Having Jesse Ventura as your governor is one thing. But a cloak-wearing vampire and Satanic priest?
In January 2006, Jonathon “The Impaler” Sharkey, a former wrestler himself, announced that he was running for governor of Minnesota. On the Vampyres, Witches and Pagans ticket, naturally.
And practitioner of dark arts or not, he announced, there would be no abiding by evil in the Sharkey administration, oh no; his platform called for publicly impaling terrorists and drug dealers. Oh yeah, and there would also be farm aid and better schools.
Needless to say, this candidacy became an international incident.
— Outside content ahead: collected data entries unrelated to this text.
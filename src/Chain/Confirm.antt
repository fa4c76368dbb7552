-- ===== src/Chain/Confirm.antt =====
-- `confirmTransaction` of src/kernel/blockchain.cpp, and the part of `reverseBlock` that takes a
-- confirmed transaction back. An output that has been constructed is copied as it is.
mod Coins
mod Spent
mod Undo
pub mod Blocks
pub mod Reverse
use crypto_kernel.Prelude.{ℕ, ◌≡◌, Bool, Option, none, some, List, [], ◌∷◌, ◌++◌, if◌then◌else◌}
use crypto_kernel.BigNum.{Text}
use crypto_kernel.BigNum
use crypto_kernel.Env.{Env}
use crypto_kernel.KeyMap.{KeyMap}
use crypto_kernel.KeyMap
use crypto_kernel.Mempool
use crypto_kernel.OrderedMap
use crypto_kernel.OrderedMap.{lookup}
use crypto_kernel.Outcome.{Outcome, ok, ◌>>=◌, or_throws}
use crypto_kernel.Types.{Input, Output, public_key_name}
use crypto_kernel.Types.Stored.{DbOutput, new_db_transaction}
use crypto_kernel.Types.Transaction.{Transaction}
use crypto_kernel.Chain.{Tables, Chain, get_output_or_throw}

module _ (env : Env) where
  open env use {hashing, json}
  open env.json use {Json, member, is_null, as_text}

  -- `txoData["publicKey"].asString() + id`, where there is a public key
  pub key_entry : Json → ℕ → Outcome (Option Text)
  key_entry content id =
      if is_null (member content public_key_name)
      then ok none
      else (or_throws (as_text (member content public_key_name)) >>= λ key.
          ok (some (key ++ BigNum.to_string hashing id)))

  -- `table->put(…, txoStr, Json::nullValue, 0)`, where there is a key
  abbrev pub put_key : Option Text → KeyMap (Unit {0}) → KeyMap (Unit {0})
  put_key none keys = keys
  put_key (some entry) keys = KeyMap.assign entry tt keys

  -- `table->erase(…, txoStr, 0)`, where there is a key
  abbrev pub erase_key : Option Text → KeyMap (Unit {0}) → KeyMap (Unit {0})
  erase_key none keys = keys
  erase_key (some entry) keys = KeyMap.erase entry keys

  -- One round of the loop that spends outputs
  pub spend_input : Input env → Tables env → Outcome (Tables env)
  unfolding key_entry
  spend_input inp t = get_output_or_throw env inp.output_id t.utxos >>= λ out.
      key_entry out.output.content inp.output_id >>= λ entry. ok (record t {
        stxos = OrderedMap.assign inp.output_id out t.stxos;
        stxo_keys = put_key entry t.stxo_keys;
        utxo_keys = erase_key entry t.utxo_keys;
        utxos = OrderedMap.erase inp.output_id t.utxos;
        inputs = OrderedMap.assign inp.id inp t.inputs;
      })

  pub spend_inputs : List (Input env) → Tables env → Outcome (Tables env)
  unfolding spend_input
  spend_inputs [] t = ok t
  spend_inputs (inp ∷ inps) t = spend_input inp t >>= spend_inputs inps

  -- One round of the loop that adds outputs
  pub add_output : ℕ → Output env → Tables env → Outcome (Tables env)
  unfolding key_entry
  add_output txid out t = key_entry out.content out.id >>= λ entry. ok (record t {
    utxo_keys = put_key entry t.utxo_keys;
    utxos = OrderedMap.assign out.id (record { output = out; creation_tx = txid }) t.utxos;
  })

  pub add_outputs : ℕ → List (Output env) → Tables env → Outcome (Tables env)
  unfolding add_output
  add_outputs txid [] t = ok t
  add_outputs txid (out ∷ outs) t = add_output txid out t >>= add_outputs txid outs

  -- The two loops
  pub move_outputs : Transaction env → Tables env → Outcome (Tables env)
  unfolding spend_inputs add_outputs
  move_outputs tx t = spend_inputs tx.inputs t >>= add_outputs tx.id tx.outputs

  -- `confirmTransaction`; what the consensus method answers is only logged.
  unfoldable pub confirm_transaction : Transaction env → ℕ → Bool → Chain env → Outcome (Chain env)
  unfolding move_outputs
  confirm_transaction tx block coinbase chain = move_outputs tx chain.tables >>= λ t.
      new_db_transaction env tx block coinbase >>= λ stored. ok (record chain {
        tables = record t { transactions = OrderedMap.assign tx.id stored t.transactions };
        unconfirmed = Mempool.remove env tx chain.unconfirmed;
      })

  -- `eraseUtxo(out, utxos)`
  pub erase_utxo : Output env → Tables env → Outcome (Tables env)
  unfolding key_entry
  erase_utxo out t = key_entry out.content out.id >>= λ entry. ok (record t {
    utxos = OrderedMap.erase out.id t.utxos;
    utxo_keys = erase_key entry t.utxo_keys;
  })

  pub erase_utxos : List (Output env) → Tables env → Outcome (Tables env)
  unfolding erase_utxo
  erase_utxos [] t = ok t
  erase_utxos (out ∷ outs) t = erase_utxo out t >>= erase_utxos outs

  -- One round of the loop of `reverseBlock` that brings spent outputs back. `oldOutput.getId()` and
  -- `oldOutputId` are the same.
  pub restore_input : Input env → Tables env → Outcome (Tables env)
  unfolding key_entry
  restore_input inp t = get_output_or_throw env inp.output_id t.stxos >>= λ out.
      key_entry out.output.content inp.output_id >>= λ entry. ok (record t {
        inputs = OrderedMap.erase inp.id t.inputs;
        stxos = OrderedMap.erase inp.output_id t.stxos;
        stxo_keys = erase_key entry t.stxo_keys;
        utxos = OrderedMap.assign inp.output_id out t.utxos;
        utxo_keys = put_key entry t.utxo_keys;
      })

  pub restore_inputs : List (Input env) → Tables env → Outcome (Tables env)
  unfolding restore_input
  restore_inputs [] t = ok t
  restore_inputs (inp ∷ inps) t = restore_input inp t >>= restore_inputs inps

  -- The body of the loop of `reverseBlock` over the transactions, but for `replayTxs`
  pub reverse_transaction : Transaction env → Tables env → Outcome (Tables env)
  unfolding erase_utxos restore_inputs
  reverse_transaction tx t = erase_utxos tx.outputs t >>= λ t1.
      restore_inputs tx.inputs t1 >>= λ t2.
      ok (record t2 { transactions = OrderedMap.erase tx.id t2.transactions })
“Impaler” is W. Tray White’s new, full-length documentary about the brief candidacy of the vampire politician, who didn’t let others dig up the skeletons in his closet so much as put all his blood-sucking, God-rejecting ways out there for the world to see. In the film, shot over eight months, Sharkey’s wife, family and others offer glimpses into the enigma that is Sharkey.
The doc (which, to be perfectly fair, was deemed meandering by the Minneapolis Star Tribune) caught the eye of the folks over at the University of Maryland’s Hoff Theater, which has picked it up for a multi-screening run.
It kicks off with a special showing tomorrow at 5:30 p.m. with filmmaker White on hand. And on Oct. 5, Sharkey himself will visit the theater for a talk.
So what happened to the Vampire Who Would be Governor?
With the glare of the spotlight bearing down, Sharkey’s wife, Julie, lost her job.
And within three weeks of the campaign’s launch, Indiana authorities recognized Sharkey as the same fella wanted there on warrants accusing him of escape and stalking a former girlfriend. What happens next is bizarre. Even for a vampire movie.